---------- Study material ----------

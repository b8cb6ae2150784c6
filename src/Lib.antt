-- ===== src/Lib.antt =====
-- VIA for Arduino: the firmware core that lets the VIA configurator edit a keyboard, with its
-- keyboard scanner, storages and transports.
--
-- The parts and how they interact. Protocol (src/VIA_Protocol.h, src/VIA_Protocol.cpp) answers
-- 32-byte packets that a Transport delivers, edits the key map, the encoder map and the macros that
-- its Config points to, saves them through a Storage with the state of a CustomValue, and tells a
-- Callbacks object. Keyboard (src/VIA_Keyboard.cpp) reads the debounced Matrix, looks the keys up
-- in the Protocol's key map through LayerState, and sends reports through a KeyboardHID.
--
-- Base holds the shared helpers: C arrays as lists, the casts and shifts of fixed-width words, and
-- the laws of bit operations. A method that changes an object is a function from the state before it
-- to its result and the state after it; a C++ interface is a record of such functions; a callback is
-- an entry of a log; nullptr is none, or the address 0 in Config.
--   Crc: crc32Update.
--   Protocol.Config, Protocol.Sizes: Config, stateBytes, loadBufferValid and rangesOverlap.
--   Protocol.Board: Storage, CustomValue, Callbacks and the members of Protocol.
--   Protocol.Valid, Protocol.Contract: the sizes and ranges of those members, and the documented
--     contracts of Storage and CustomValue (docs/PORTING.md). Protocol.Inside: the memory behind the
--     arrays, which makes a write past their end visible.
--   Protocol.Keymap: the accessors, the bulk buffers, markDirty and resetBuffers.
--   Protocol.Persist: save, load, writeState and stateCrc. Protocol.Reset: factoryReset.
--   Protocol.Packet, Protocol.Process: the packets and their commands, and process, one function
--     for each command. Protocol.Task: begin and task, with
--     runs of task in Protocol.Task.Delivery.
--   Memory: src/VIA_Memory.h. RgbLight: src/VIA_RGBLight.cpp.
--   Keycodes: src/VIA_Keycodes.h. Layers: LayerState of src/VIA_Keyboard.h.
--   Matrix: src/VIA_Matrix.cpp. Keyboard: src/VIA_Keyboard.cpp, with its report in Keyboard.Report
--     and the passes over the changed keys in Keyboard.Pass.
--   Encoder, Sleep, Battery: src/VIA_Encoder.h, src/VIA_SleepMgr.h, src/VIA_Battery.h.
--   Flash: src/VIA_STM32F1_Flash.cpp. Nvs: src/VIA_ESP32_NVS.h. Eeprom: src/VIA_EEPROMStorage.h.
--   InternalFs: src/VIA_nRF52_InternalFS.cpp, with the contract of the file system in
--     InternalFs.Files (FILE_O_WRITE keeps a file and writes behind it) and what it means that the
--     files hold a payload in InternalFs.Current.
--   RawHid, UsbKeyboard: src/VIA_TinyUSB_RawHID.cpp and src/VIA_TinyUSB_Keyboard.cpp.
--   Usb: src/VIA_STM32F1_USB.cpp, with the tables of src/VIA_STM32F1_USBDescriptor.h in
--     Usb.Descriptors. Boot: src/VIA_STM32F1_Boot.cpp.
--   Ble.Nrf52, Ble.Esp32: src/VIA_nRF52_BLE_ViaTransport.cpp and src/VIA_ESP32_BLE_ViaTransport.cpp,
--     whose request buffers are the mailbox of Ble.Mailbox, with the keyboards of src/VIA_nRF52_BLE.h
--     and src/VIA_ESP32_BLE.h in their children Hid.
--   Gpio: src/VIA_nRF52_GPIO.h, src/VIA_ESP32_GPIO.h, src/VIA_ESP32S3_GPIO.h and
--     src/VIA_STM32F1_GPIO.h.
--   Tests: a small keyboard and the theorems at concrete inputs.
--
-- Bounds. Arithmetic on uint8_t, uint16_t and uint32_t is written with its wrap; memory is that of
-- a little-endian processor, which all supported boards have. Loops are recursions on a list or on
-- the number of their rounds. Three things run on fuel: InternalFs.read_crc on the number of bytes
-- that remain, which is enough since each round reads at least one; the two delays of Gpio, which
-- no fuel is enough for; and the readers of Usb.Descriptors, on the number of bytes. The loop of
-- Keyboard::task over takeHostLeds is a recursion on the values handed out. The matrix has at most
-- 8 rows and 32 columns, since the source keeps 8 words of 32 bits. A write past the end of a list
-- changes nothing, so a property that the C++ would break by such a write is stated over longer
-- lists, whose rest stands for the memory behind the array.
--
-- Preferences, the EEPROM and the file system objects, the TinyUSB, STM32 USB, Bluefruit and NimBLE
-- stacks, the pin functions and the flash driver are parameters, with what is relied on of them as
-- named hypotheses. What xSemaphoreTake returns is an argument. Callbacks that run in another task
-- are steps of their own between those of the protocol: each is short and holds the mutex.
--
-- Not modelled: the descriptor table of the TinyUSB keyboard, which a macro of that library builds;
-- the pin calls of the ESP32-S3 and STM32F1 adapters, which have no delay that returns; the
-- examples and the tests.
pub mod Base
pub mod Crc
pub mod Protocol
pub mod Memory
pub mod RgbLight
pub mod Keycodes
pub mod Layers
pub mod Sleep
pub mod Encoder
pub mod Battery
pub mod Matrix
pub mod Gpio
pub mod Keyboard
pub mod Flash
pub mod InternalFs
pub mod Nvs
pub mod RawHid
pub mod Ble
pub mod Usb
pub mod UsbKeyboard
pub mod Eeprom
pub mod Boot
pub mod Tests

----------

Give all the lines above again, exactly.

_Solution_
repository b8cb6ae2150784c6
filename src/Lib.antt
-- ===== src/Lib.antt =====
-- VIA for Arduino: the firmware core that lets the VIA configurator edit a keyboard, with its
-- keyboard scanner, storages and transports.
--
-- The parts and how they interact. Protocol (src/VIA_Protocol.h, src/VIA_Protocol.cpp) answers
-- 32-byte packets that a Transport delivers, edits the key map, the encoder map and the macros that
-- its Config points to, saves them through a Storage with the state of a CustomValue, and tells a
-- Callbacks object. Keyboard (src/VIA_Keyboard.cpp) reads the debounced Matrix, looks the keys up
-- in the Protocol's key map through LayerState, and sends reports through a KeyboardHID.
--
-- Base holds the shared helpers: C arrays as lists, the casts and shifts of fixed-width words, and
-- the laws of bit operations. A method that changes an object is a function from the state before it
-- to its result and the state after it; a C++ interface is a record of such functions; a callback is
-- an entry of a log; nullptr is none, or the address 0 in Config.
--   Crc: crc32Update.
--   Protocol.Config, Protocol.Sizes: Config, stateBytes, loadBufferValid and rangesOverlap.
--   Protocol.Board: Storage, CustomValue, Callbacks and the members of Protocol.
--   Protocol.Valid, Protocol.Contract: the sizes and ranges of those members, and the documented
--     contracts of Storage and CustomValue (docs/PORTING.md). Protocol.Inside: the memory behind the
--     arrays, which makes a write past their end visible.
--   Protocol.Keymap: the accessors, the bulk buffers, markDirty and resetBuffers.
--   Protocol.Persist: save, load, writeState and stateCrc. Protocol.Reset: factoryReset.
--   Protocol.Packet, Protocol.Process: the packets and their commands, and process, one function
--     for each command. Protocol.Task: begin and task, with
--     runs of task in Protocol.Task.Delivery.
--   Memory: src/VIA_Memory.h. RgbLight: src/VIA_RGBLight.cpp.
--   Keycodes: src/VIA_Keycodes.h. Layers: LayerState of src/VIA_Keyboard.h.
--   Matrix: src/VIA_Matrix.cpp. Keyboard: src/VIA_Keyboard.cpp, with its report in Keyboard.Report
--     and the passes over the changed keys in Keyboard.Pass.
--   Encoder, Sleep, Battery: src/VIA_Encoder.h, src/VIA_SleepMgr.h, src/VIA_Battery.h.
--   Flash: src/VIA_STM32F1_Flash.cpp. Nvs: src/VIA_ESP32_NVS.h. Eeprom: src/VIA_EEPROMStorage.h.
--   InternalFs: src/VIA_nRF52_InternalFS.cpp, with the contract of the file system in
--     InternalFs.Files (FILE_O_WRITE keeps a file and writes behind it) and what it means that the
--     files hold a payload in InternalFs.Current.
--   RawHid, UsbKeyboard: src/VIA_TinyUSB_RawHID.cpp and src/VIA_TinyUSB_Keyboard.cpp.
--   Usb: src/VIA_STM32F1_USB.cpp, with the tables of src/VIA_STM32F1_USBDescriptor.h in
--     Usb.Descriptors. Boot: src/VIA_STM32F1_Boot.cpp.
--   Ble.Nrf52, Ble.Esp32: src/VIA_nRF52_BLE_ViaTransport.cpp and src/VIA_ESP32_BLE_ViaTransport.cpp,
--     whose request buffers are the mailbox of Ble.Mailbox, with the keyboards of src/VIA_nRF52_BLE.h
--     and src/VIA_ESP32_BLE.h in their children Hid.
--   Gpio: src/VIA_nRF52_GPIO.h, src/VIA_ESP32_GPIO.h, src/VIA_ESP32S3_GPIO.h and
--     src/VIA_STM32F1_GPIO.h.
--   Tests: a small keyboard and the theorems at concrete inputs.
--
-- Bounds. Arithmetic on uint8_t, uint16_t and uint32_t is written with its wrap; memory is that of
-- a little-endian processor, which all supported boards have. Loops are recursions on a list or on
-- the number of their rounds. Three things run on fuel: InternalFs.read_crc on the number of bytes
-- that remain, which is enough since each round reads at least one; the two delays of Gpio, which
-- no fuel is enough for; and the readers of Usb.Descriptors, on the number of bytes. The loop of
-- Keyboard::task over takeHostLeds is a recursion on the values handed out. The matrix has at most
-- 8 rows and 32 columns, since the source keeps 8 words of 32 bits. A write past the end of a list
-- changes nothing, so a property that the C++ would break by such a write is stated over longer
-- lists, whose rest stands for the memory behind the array.
--
-- Preferences, the EEPROM and the file system objects, the TinyUSB, STM32 USB, Bluefruit and NimBLE
-- stacks, the pin functions and the flash driver are parameters, with what is relied on of them as
-- named hypotheses. What xSemaphoreTake returns is an argument. Callbacks that run in another task
-- are steps of their own between those of the protocol: each is short and holds the mutex.
--
-- Not modelled: the descriptor table of the TinyUSB keyboard, which a macro of that library builds;
-- the pin calls of the ESP32-S3 and STM32F1 adapters, which have no delay that returns; the
-- examples and the tests.
pub mod Base
pub mod Crc
pub mod Protocol
pub mod Memory
pub mod RgbLight
pub mod Keycodes
pub mod Layers
pub mod Sleep
pub mod Encoder
pub mod Battery
pub mod Matrix
pub mod Gpio
pub mod Keyboard
pub mod Flash
pub mod InternalFs
pub mod Nvs
pub mod RawHid
pub mod Ble
pub mod Usb
pub mod UsbKeyboard
pub mod Eeprom
pub mod Boot
pub mod Tests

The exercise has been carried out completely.